PC-BSD, FreeNAS, NAS4Free, and all other FreeBSD Derivatives


----------



## Gingle (Apr 13, 2017)

SirDice said:


> PC-BSD, FreeNAS, NAS4Free, and all other FreeBSD Derivatives


can you please stay on topic? ,that has already been stated, your reply is not helping my question ,it is a frivolous distraction and poisonous to my goal , i need information on how to add more info to */etc/rc.conf* and /boot/loader.conf so it can change how it works with my wacom


----------



## SirDice (Apr 13, 2017)

Try actually reading the link; FreeBSD derivatives (TrueOS is a derivative) are not supported here. If you want support for TrueOS go to the TrueOS forums.


----------



## Gingle (Apr 13, 2017)

SirDice said:


> Try actually reading the link; FreeBSD derivatives (TrueOS is a derivative) are not supported here. If you want support for TrueOS go to the TrueOS forums.

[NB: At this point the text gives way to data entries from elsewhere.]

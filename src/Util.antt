-- ===== src/Util.antt =====
-- The helpers of util.go: membership in a slice, equality behind pointers, and line wrapping.
pub mod Slices
pub mod Lines
pub mod Mutex
use yggdrasil_authentication.Base.{
  ℕ, zero, suc, Bool, true, false, Option, none, some, List, [], ◌∷◌, ◌++◌, Eq, ◌==◌, Text, text,
  ltb, length, take, drop, if◌then◌else◌,
}

module _ {ℓ} {T : Type ℓ} ⦃e : Eq T⦄ where
  -- `Contains`
  unfoldable pub contains : List T → T → Bool
  contains [] target = false
  contains (el ∷ slice) target = if el == target then true else contains slice target

  -- `PtrEquals`: two nil pointers are equal, a nil pointer equals nothing else, and otherwise what
  -- they point to is compared (which two equal pointers pass too).
  unfoldable pub ptr_equals : Option T → Option T → Bool
  ptr_equals none none = true
  ptr_equals none (some b) = false
  ptr_equals (some a) none = false
  ptr_equals (some a) (some b) = a == b

-- The slice position `end` of one round of `Wrap`'s loop.
wrap_end : Text → ℕ → ℕ
wrap_end s n = if ltb (length s) n then length s else n

-- The loop of `Wrap`, with the builder's content first: `none` when the fuel runs out, as it does
-- at any fuel for `n` = 0 and a text that is not empty, where the loop of the source does not end.
wrap_loop : ℕ → Text → Text → ℕ → Option Text
wrap_loop zero builder s n = none
wrap_loop (suc fuel) builder s n =
    let line = builder ++ take (wrap_end s n) s in
    let rest = drop (wrap_end s n) s in
    let more = wrap_loop fuel (line ++ text "\n") rest n in
    if ltb 0 (length rest) then more else some line

-- `Wrap`, with fuel for as many rounds as the text has bytes, and one.
unfoldable pub wrap : Text → ℕ → Option Text
unfolding wrap_loop wrap_end text
wrap s n = wrap_loop (suc (length s)) [] s n
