-- ===== src/Errors.antt =====
-- What is answered to a request whose handler returned an error: `HandleError` of main.go and the
-- tests of errors in common.go.
pub mod Paths
use yggdrasil_authentication.Base.{
  ℕ, Bool, true, false, not, ◌&&◌, Option, none, some, List, [], ◌∷◌, ◌++◌, ◌==◌, nat_eq, text_eq,
  Text, text, get_elem?, if◌then◌else◌,
}
use yggdrasil_authentication.Types.{
  Error, record_not_found, http_error, errors_new, Response, ErrorResponse, json, string,
  error_response,
}
use yggdrasil_authentication.Platform.{Platform}
use yggdrasil_authentication.Util.{contains}

-- The separator is added to the first segment.
abbrev prepend : ℕ → List Text → List Text
prepend c [] = (c ∷ []) ∷ []
prepend c (segment ∷ segments) = (c ∷ segment) ∷ segments

-- `strings.Split(path, "/")`.
unfoldable pub split : Text → List Text
split [] = [] ∷ []
split (c ∷ s) = let rest = split s in if c == b'/' then [] ∷ rest else prepend c rest

-- `len(split) >= 2 && split[1] == "drasl"`.
abbrev pub second_is : Text → List Text → Bool
second_is name segments = elim (get_elem? segments 1) [ none ↦ false | some s ↦ s == name ]

-- `IsYggdrasilPath`.
unfoldable pub is_yggdrasil_path : Text → Bool
is_yggdrasil_path path =
    if path == text "/" then false else not (second_is (text "drasl") (split path))

-- The answers to an error that is not passed on.
abbrev pub internal_error_json : Response
internal_error_json = json 500 (
    error_response
      (record { path = none; error = none; error_message = some (text "internal server error") }))

abbrev pub internal_error_string : Response
internal_error_string = string 500 (text "Internal server error")

-- The HTTP errors that are passed on under the API's paths and under the front end's.
abbrev pub api_codes : List ℕ
api_codes = 404 ∷ 413 ∷ 429 ∷ 405 ∷ []

abbrev pub front_codes : List ℕ
front_codes = 404 ∷ 413 ∷ 429 ∷ []

unfoldable pub handle_api_error : Text → Error → Response
handle_api_error path (http_error code message) =
    if contains api_codes code
    then json code
        (error_response (record { path = some path; error = none; error_message = none }))
    else internal_error_json
handle_api_error path record_not_found = internal_error_json
handle_api_error path (errors_new s) = internal_error_json

unfoldable pub handle_front_error : Error → Response
handle_front_error (http_error code (some message)) =
    if contains front_codes code then string code message else internal_error_string
handle_front_error (http_error code none) = internal_error_string
handle_front_error record_not_found = internal_error_string
handle_front_error (errors_new s) = internal_error_string

-- `HandleError`, for the request's path; what it logs is left out.
unfoldable pub handle_error : Error → Text → Response
handle_error e path =
    if is_yggdrasil_path path then handle_api_error path e else handle_front_error e

-- `IsErrorUniqueFailed`: `errors.As` looks for any error at all, which `err` itself is.
unfoldable pub is_error_unique_failed : Option Error → Bool
is_error_unique_failed none = false
is_error_unique_failed (some e) = true

-- `IsErrorUniqueFailedField`.
unfoldable pub is_error_unique_failed_field : ⦃P : Platform⦄ → Option Error → Text → Bool
is_error_unique_failed_field none field = false
is_error_unique_failed_field ⦃P⦄ (some e) field =
    P.error_string e == text "UNIQUE constraint failed: " ++ field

 ok enough about TrueOS now ,let's put that behind and forget about it, So if i were to say that im using freebsd with a kde desktop, what would your response be on how to add lines i need from the wiki link to */etc/rc.conf* and /boot/loader.conf so it can change how it works with my wacom?


----------



## Gingle (Apr 13, 2017)

I need help setting up a freebsd with kde desktop that works with wacom tablets , anyone out there with a freebsd desktop that uses a wacom tablet on it ?


----------



## SirDice (Apr 13, 2017)

Gingle said:


> What would your response be on how to add lines I need from the wiki link to /etc/rc.conf and /boot/loader.conf so it can change how it works with my wacom?


Just use an editor like ee(1) or vi(1) as root. There's nothing in FreeBSD preventing you from editing those files.


----------